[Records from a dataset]
● ● ● ●
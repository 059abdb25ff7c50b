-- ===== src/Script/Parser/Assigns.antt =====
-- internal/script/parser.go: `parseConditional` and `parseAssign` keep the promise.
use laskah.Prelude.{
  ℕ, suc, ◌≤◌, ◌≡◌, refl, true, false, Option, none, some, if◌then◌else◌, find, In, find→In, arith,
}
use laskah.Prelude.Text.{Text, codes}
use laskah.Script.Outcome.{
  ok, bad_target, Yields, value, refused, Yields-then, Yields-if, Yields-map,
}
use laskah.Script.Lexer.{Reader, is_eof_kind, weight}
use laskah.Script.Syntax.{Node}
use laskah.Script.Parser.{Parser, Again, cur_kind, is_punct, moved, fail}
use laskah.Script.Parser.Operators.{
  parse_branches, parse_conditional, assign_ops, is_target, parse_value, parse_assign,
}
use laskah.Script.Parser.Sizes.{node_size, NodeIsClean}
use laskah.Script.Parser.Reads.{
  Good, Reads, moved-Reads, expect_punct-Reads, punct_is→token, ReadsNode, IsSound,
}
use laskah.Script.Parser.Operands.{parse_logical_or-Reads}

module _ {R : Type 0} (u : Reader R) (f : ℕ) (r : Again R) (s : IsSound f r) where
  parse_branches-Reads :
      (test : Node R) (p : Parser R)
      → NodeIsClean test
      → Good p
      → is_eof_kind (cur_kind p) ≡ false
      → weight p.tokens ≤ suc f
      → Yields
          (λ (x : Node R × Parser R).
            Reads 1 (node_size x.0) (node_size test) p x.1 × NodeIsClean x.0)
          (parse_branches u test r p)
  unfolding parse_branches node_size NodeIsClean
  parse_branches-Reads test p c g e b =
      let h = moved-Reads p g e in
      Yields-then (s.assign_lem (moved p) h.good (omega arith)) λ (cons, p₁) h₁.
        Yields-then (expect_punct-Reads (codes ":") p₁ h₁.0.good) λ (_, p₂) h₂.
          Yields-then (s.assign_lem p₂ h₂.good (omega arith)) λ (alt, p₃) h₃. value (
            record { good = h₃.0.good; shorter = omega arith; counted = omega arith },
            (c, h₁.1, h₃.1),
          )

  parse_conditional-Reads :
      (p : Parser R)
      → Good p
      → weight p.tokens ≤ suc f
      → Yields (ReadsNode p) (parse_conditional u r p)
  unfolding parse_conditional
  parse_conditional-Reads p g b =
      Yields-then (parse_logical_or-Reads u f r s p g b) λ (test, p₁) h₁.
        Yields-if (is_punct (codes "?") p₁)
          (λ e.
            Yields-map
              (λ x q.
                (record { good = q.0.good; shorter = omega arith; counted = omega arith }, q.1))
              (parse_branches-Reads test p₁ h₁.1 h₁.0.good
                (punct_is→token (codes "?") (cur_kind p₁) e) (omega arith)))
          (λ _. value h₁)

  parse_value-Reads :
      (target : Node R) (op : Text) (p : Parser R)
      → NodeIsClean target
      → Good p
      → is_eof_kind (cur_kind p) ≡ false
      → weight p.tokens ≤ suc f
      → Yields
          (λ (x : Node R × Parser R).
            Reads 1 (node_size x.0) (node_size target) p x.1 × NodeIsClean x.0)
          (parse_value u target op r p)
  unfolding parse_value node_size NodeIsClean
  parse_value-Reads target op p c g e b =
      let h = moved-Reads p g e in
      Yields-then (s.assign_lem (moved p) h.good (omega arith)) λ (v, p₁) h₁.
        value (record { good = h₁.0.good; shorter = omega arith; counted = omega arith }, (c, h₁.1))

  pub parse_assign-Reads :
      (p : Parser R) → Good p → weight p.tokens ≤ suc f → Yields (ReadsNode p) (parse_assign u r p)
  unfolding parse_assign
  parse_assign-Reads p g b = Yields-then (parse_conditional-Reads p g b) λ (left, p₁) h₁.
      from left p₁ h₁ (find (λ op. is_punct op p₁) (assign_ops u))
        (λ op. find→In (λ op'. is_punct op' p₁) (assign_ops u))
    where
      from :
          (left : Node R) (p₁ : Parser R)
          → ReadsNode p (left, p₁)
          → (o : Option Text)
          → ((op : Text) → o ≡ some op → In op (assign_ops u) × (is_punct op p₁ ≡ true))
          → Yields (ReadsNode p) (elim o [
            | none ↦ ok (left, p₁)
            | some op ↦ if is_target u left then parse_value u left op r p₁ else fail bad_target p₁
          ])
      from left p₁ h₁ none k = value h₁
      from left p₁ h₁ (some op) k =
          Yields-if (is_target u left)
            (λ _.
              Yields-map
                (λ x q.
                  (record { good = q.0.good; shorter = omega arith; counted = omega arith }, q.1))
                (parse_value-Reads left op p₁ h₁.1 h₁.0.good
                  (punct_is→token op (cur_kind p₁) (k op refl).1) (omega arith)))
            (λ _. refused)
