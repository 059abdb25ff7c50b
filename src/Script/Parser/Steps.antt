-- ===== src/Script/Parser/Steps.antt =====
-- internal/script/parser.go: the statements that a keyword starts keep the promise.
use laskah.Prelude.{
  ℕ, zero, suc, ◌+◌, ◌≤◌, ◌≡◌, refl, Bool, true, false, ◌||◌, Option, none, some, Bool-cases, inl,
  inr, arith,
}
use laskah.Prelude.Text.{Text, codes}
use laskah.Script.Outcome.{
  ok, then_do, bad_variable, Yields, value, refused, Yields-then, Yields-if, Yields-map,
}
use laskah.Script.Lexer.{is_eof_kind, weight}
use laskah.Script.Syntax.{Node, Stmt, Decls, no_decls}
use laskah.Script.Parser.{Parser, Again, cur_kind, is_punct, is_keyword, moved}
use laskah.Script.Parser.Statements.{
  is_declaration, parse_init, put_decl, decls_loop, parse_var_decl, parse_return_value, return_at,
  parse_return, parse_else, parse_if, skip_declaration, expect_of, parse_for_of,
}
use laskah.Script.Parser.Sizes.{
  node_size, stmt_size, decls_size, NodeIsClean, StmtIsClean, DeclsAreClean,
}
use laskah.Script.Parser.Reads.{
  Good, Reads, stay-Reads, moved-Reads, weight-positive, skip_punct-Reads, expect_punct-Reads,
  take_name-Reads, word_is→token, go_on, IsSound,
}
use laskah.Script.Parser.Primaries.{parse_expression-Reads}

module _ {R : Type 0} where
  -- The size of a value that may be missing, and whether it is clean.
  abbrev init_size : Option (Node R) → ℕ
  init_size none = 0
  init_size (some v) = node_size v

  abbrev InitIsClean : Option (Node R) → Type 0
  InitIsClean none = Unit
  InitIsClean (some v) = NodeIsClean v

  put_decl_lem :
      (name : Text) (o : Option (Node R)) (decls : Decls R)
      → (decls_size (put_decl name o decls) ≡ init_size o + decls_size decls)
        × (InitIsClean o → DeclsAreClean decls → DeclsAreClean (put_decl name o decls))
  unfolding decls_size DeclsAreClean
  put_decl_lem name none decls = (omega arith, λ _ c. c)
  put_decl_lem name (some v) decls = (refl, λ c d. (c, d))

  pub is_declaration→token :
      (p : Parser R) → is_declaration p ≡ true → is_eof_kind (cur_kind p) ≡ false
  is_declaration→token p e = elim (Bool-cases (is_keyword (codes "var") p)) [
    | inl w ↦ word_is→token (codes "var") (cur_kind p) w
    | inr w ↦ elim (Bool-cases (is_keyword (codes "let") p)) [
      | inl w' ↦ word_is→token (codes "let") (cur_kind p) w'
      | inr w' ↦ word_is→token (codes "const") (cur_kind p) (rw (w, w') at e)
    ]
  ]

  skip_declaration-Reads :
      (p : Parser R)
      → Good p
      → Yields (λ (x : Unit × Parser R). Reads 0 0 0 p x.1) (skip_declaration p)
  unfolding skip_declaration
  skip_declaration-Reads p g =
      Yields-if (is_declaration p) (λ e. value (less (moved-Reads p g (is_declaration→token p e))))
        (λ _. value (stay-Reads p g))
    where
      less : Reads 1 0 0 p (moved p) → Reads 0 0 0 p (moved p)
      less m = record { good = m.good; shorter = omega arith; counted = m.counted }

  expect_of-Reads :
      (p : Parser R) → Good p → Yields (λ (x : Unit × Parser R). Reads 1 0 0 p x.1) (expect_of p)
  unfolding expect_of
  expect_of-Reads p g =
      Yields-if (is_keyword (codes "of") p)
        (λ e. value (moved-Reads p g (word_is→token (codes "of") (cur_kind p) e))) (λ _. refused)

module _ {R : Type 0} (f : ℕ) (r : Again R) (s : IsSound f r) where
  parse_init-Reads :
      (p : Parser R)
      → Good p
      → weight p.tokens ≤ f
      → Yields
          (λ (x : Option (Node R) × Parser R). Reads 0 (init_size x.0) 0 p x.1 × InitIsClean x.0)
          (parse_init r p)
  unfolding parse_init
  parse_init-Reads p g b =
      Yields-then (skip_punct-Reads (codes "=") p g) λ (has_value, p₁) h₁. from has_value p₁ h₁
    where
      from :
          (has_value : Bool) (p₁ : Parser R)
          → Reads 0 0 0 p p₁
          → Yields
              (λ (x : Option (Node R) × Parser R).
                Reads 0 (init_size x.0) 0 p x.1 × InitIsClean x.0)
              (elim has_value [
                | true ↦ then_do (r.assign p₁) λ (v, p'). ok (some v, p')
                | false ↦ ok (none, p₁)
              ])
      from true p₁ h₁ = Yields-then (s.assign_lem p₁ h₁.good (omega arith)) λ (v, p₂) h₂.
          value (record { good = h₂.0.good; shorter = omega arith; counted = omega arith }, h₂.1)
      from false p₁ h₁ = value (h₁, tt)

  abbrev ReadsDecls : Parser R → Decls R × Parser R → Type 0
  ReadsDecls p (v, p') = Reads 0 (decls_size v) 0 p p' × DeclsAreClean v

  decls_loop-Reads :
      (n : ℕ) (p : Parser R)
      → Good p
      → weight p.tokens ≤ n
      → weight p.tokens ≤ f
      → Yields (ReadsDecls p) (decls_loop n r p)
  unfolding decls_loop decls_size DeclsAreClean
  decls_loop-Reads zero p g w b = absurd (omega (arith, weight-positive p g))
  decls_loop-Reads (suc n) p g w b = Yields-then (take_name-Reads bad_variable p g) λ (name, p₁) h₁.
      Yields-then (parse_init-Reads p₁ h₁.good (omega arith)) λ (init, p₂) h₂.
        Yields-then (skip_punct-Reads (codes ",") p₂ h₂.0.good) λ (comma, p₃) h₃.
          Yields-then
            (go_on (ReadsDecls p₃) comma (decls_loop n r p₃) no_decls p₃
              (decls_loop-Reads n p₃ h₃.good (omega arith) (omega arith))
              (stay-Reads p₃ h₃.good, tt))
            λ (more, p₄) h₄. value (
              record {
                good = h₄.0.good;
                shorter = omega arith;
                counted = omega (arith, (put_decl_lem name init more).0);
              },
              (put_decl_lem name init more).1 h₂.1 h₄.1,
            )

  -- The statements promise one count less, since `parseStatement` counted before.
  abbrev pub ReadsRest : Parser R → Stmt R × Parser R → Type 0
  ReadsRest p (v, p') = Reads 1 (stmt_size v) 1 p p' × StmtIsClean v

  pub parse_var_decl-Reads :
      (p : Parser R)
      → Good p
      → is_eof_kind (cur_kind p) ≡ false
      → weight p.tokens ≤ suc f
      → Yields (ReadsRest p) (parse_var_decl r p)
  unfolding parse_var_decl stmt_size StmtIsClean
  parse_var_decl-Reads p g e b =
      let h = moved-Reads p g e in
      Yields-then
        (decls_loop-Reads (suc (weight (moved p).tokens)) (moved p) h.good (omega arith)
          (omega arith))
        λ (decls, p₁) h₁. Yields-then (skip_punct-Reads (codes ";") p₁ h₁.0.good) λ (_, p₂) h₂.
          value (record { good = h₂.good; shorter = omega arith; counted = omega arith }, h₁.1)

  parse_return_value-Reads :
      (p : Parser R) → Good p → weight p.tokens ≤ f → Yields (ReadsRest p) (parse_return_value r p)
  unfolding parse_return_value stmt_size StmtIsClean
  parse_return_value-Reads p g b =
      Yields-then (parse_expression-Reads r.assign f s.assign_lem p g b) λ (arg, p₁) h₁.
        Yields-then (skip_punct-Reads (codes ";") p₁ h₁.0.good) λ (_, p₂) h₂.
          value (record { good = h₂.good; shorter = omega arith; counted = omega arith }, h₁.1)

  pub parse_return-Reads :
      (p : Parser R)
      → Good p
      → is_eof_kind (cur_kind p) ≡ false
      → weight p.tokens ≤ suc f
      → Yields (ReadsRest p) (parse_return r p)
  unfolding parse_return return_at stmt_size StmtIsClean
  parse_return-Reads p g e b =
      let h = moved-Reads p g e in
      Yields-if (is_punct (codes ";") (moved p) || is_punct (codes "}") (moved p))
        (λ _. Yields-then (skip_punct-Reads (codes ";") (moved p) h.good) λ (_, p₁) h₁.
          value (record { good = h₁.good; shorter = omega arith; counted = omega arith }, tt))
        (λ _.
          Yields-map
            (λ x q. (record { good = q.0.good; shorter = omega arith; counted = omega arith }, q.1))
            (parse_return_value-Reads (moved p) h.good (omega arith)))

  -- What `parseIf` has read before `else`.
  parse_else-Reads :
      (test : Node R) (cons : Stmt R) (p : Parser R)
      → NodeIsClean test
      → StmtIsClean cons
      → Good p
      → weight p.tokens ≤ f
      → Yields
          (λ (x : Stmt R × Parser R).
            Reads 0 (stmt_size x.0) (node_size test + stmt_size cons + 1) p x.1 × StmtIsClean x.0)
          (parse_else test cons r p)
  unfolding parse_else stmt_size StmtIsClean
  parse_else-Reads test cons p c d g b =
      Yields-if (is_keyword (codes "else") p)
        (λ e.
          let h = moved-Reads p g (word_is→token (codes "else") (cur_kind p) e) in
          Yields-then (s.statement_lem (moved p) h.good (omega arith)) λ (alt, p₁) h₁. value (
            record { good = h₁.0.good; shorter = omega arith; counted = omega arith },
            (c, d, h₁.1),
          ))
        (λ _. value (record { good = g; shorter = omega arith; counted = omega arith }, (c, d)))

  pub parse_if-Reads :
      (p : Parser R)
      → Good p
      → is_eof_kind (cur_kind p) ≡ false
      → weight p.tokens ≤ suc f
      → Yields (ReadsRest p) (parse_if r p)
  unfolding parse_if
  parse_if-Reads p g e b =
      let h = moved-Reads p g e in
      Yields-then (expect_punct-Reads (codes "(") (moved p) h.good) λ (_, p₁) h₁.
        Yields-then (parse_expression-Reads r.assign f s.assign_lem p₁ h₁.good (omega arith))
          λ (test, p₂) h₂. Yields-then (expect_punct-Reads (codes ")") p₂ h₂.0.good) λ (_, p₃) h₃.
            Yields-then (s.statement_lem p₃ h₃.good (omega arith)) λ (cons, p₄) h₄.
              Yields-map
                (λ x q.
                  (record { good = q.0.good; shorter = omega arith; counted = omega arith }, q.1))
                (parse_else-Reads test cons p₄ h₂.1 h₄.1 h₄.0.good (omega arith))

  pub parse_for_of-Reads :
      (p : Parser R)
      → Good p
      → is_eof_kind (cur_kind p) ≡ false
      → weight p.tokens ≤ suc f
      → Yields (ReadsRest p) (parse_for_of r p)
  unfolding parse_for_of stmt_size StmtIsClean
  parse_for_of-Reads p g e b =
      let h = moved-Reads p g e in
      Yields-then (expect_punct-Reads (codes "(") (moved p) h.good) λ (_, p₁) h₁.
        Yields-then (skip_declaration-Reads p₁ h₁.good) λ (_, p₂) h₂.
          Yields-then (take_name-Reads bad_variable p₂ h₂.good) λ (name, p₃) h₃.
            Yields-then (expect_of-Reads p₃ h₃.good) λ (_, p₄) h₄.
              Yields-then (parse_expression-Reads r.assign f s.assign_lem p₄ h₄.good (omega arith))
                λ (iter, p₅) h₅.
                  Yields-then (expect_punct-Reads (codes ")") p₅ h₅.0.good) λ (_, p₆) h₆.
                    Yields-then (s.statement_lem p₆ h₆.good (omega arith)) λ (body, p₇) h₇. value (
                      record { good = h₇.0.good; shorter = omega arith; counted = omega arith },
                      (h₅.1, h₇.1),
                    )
● ● ● ●
Exercise prompt »
Working through the data above, find every line holding "that" and copy it.

Response to the task »
-- internal/script/parser.go: the statements that a keyword starts keep the promise.
  -- The size of a value that may be missing, and whether it is clean.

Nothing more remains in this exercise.